* _PROBLEM REQUIREMENTS_
I would like each line of the data that holds the word "five" copied out.

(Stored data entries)
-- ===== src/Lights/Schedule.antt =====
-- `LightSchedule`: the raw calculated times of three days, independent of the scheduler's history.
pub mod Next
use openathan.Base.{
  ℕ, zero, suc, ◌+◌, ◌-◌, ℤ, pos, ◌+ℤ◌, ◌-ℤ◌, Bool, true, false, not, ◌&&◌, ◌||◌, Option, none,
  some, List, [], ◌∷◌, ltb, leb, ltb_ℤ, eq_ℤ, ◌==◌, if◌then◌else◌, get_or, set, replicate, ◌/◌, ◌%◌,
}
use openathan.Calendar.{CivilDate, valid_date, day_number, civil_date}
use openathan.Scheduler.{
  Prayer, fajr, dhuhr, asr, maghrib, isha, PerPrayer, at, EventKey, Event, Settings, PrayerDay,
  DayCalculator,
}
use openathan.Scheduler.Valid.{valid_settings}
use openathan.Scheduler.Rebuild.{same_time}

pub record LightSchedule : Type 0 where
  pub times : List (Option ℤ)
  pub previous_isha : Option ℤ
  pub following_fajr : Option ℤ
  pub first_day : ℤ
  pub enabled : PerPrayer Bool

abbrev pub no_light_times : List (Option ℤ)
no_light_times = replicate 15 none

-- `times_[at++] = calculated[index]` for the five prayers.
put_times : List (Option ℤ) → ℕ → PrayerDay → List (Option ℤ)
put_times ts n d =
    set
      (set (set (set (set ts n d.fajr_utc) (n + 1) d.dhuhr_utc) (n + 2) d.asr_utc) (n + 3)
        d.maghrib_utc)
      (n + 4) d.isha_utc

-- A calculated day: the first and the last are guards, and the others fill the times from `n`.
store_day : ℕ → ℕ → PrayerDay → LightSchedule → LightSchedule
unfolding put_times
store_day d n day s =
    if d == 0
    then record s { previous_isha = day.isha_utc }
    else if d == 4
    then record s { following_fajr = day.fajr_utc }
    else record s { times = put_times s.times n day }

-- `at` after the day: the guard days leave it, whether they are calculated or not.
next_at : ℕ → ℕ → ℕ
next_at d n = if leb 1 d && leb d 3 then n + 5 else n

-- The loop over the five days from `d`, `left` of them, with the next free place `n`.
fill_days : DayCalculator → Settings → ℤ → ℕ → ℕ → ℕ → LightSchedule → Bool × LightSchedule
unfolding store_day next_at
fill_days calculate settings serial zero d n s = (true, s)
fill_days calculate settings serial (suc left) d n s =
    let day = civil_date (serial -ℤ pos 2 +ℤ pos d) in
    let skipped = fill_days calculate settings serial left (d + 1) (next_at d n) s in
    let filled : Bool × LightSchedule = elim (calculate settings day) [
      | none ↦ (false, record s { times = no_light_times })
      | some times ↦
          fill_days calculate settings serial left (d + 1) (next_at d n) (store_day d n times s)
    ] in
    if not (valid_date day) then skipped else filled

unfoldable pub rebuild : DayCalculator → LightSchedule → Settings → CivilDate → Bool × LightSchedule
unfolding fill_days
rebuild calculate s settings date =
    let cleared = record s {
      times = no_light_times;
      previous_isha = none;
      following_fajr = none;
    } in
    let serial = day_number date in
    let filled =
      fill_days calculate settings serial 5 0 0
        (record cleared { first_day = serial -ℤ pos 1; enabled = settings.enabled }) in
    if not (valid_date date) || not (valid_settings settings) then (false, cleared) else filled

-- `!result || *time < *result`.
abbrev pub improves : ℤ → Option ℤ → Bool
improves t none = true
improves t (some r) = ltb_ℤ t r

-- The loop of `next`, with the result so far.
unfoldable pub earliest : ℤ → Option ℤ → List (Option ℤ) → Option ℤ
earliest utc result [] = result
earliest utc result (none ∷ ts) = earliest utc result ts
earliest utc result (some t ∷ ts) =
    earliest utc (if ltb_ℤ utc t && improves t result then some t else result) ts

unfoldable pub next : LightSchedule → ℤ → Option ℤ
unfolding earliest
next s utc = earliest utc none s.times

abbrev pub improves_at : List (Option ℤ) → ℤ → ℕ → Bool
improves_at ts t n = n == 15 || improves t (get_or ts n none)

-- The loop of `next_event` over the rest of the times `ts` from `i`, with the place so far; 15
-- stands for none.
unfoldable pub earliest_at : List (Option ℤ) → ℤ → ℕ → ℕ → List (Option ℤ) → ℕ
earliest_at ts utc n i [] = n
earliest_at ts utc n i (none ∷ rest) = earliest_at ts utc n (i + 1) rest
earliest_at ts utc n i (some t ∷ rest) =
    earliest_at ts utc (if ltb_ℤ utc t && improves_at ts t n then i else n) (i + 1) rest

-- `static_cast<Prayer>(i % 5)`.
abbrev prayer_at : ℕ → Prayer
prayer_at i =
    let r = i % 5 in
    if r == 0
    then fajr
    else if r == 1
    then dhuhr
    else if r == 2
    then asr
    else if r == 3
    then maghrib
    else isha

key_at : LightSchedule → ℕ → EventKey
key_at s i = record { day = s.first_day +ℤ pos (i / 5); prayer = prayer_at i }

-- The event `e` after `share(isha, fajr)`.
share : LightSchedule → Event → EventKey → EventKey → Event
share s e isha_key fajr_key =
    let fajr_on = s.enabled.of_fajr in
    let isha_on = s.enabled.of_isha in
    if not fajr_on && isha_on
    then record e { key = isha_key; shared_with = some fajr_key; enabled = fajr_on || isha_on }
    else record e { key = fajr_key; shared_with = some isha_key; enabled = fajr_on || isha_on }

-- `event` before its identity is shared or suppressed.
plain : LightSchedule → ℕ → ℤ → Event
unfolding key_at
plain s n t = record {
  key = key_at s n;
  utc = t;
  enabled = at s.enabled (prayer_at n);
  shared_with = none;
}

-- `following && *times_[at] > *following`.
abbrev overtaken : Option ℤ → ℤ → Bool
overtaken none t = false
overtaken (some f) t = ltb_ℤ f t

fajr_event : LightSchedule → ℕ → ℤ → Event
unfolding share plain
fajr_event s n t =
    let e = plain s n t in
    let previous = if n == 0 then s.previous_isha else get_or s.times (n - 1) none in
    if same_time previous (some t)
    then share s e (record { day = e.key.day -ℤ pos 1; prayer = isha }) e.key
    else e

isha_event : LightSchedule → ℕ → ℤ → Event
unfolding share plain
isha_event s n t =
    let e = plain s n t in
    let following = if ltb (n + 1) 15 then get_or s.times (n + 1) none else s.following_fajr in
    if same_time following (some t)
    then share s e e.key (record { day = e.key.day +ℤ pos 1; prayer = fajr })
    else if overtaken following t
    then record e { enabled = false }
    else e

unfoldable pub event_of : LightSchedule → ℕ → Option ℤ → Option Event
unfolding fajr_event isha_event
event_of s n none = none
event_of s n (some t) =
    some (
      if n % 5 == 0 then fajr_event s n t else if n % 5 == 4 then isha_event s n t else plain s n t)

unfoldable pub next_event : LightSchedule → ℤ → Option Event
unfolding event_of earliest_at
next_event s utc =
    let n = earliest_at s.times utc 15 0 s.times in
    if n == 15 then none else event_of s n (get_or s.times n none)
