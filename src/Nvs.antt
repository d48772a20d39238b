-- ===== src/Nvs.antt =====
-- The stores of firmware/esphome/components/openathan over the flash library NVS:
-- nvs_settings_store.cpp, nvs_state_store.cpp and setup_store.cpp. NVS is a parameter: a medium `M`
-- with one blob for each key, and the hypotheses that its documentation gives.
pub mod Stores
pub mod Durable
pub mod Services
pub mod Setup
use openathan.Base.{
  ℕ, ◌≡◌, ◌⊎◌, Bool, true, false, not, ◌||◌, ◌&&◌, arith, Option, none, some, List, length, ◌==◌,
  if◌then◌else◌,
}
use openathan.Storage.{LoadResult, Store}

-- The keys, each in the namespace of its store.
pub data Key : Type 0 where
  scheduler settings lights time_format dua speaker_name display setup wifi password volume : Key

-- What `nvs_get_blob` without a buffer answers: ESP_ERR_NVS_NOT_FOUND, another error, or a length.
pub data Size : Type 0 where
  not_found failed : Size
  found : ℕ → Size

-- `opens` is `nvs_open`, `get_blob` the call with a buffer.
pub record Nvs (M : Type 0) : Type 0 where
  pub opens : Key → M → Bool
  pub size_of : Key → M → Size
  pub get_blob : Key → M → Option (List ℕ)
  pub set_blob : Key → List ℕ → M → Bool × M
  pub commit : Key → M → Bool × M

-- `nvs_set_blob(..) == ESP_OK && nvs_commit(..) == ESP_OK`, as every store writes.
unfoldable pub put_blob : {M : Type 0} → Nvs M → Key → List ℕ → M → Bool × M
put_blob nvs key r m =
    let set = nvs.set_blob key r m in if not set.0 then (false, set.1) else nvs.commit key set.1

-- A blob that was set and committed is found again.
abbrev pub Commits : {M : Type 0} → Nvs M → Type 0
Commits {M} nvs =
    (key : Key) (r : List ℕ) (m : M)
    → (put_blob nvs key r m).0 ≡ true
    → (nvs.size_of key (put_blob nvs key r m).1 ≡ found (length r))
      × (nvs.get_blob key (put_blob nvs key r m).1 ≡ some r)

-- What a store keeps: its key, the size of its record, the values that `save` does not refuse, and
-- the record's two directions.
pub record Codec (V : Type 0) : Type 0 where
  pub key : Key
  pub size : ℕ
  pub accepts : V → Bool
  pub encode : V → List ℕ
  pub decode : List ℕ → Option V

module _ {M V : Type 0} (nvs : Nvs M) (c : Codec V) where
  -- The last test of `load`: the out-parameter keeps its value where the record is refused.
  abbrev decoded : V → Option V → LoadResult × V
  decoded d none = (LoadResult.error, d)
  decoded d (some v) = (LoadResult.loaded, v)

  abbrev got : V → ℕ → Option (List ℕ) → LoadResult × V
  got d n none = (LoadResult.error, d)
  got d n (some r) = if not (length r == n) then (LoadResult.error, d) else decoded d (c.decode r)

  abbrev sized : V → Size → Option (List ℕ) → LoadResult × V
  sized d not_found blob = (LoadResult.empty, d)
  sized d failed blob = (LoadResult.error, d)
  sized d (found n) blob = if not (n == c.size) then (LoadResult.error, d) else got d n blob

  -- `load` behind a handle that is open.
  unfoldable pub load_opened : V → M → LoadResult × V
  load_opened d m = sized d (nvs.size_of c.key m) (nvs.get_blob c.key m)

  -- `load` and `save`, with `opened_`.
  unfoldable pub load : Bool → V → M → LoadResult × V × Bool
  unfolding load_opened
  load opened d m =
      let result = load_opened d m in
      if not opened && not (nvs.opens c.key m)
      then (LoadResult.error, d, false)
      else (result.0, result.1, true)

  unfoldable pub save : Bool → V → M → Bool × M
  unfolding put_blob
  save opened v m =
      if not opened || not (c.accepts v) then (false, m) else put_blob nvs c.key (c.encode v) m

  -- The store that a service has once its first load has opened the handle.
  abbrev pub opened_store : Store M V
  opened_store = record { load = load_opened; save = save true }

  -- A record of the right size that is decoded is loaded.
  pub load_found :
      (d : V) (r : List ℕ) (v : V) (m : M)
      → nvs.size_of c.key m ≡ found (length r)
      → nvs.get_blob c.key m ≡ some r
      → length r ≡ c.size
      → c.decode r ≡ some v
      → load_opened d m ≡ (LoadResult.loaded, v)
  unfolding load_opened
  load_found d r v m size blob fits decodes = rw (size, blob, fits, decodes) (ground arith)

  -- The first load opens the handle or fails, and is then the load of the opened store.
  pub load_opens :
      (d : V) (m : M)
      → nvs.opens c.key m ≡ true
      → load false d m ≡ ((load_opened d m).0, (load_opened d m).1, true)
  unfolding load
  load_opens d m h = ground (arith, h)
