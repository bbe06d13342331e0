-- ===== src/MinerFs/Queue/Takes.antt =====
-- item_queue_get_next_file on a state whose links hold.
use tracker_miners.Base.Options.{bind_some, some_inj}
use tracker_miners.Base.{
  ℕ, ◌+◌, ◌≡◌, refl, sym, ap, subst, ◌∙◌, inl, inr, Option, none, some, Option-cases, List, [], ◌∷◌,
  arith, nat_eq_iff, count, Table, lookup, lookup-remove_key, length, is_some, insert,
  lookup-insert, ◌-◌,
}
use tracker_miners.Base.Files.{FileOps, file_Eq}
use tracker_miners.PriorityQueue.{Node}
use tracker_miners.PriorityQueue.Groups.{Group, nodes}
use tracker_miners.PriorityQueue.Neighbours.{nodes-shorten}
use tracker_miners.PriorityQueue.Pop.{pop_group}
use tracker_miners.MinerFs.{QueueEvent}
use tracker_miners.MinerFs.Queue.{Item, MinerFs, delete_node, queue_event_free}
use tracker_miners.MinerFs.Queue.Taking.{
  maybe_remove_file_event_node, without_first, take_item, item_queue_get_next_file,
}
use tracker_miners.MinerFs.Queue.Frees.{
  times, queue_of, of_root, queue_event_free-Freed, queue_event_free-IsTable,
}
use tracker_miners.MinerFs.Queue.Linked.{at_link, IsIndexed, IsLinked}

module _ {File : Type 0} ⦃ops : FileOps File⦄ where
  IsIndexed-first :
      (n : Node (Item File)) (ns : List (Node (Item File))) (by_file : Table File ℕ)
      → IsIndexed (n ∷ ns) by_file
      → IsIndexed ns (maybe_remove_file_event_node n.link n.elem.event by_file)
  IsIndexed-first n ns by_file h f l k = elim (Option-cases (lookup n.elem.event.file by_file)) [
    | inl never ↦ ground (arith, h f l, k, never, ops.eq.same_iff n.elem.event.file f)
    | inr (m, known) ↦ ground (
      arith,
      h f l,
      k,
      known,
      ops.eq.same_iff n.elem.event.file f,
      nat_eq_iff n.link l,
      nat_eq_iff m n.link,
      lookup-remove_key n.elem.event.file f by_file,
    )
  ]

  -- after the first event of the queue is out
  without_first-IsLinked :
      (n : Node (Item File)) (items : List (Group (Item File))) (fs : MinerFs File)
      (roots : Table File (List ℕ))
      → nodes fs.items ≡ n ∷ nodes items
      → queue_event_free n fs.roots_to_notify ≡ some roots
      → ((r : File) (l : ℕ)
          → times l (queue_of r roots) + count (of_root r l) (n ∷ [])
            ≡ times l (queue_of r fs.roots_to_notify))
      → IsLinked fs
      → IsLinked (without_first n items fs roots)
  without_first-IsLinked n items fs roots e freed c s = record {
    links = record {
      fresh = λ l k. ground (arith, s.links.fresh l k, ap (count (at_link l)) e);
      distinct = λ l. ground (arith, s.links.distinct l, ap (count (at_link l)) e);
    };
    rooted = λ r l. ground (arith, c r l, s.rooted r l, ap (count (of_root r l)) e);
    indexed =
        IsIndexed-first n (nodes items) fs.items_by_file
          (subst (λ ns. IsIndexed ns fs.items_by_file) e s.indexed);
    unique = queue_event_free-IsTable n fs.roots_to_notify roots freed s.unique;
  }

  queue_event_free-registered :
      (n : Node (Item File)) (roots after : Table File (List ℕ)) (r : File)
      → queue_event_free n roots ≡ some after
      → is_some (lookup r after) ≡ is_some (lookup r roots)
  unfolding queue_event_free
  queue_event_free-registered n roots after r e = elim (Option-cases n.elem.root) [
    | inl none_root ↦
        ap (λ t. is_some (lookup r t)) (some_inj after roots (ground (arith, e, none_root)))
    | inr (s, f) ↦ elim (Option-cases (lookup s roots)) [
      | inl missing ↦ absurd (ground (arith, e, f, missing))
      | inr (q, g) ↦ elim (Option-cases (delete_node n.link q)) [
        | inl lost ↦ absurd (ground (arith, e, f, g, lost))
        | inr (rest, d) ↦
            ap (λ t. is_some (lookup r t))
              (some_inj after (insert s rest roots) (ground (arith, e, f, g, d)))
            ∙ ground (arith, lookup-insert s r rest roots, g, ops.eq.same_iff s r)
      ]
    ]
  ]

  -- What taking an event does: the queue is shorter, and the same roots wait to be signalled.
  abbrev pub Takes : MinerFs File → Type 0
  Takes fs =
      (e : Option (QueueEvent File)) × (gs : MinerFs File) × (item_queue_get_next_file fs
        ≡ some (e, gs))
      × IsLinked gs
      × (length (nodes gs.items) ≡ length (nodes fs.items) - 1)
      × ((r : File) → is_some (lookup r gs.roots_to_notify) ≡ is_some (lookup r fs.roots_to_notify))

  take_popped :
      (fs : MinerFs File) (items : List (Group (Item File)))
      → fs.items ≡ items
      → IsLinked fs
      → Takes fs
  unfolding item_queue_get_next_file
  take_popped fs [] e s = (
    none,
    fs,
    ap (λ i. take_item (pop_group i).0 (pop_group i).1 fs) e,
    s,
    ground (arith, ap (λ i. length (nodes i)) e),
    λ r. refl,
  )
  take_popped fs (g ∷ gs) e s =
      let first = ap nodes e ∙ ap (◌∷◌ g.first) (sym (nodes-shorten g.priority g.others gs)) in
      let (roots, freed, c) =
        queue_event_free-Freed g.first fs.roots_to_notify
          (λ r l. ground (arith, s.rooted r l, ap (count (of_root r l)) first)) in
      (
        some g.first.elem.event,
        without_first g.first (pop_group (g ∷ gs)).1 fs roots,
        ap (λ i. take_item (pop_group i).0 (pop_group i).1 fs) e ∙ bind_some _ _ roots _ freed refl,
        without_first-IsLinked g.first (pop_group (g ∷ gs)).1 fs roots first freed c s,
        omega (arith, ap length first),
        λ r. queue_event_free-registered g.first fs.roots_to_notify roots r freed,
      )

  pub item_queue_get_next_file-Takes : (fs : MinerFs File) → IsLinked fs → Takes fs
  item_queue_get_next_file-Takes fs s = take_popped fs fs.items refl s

* _COMPLETED EXERCISE_
-- `times_[at++] = calculated[index]` for the five prayers.
-- The loop over the five days from `d`, `left` of them, with the next free place `n`.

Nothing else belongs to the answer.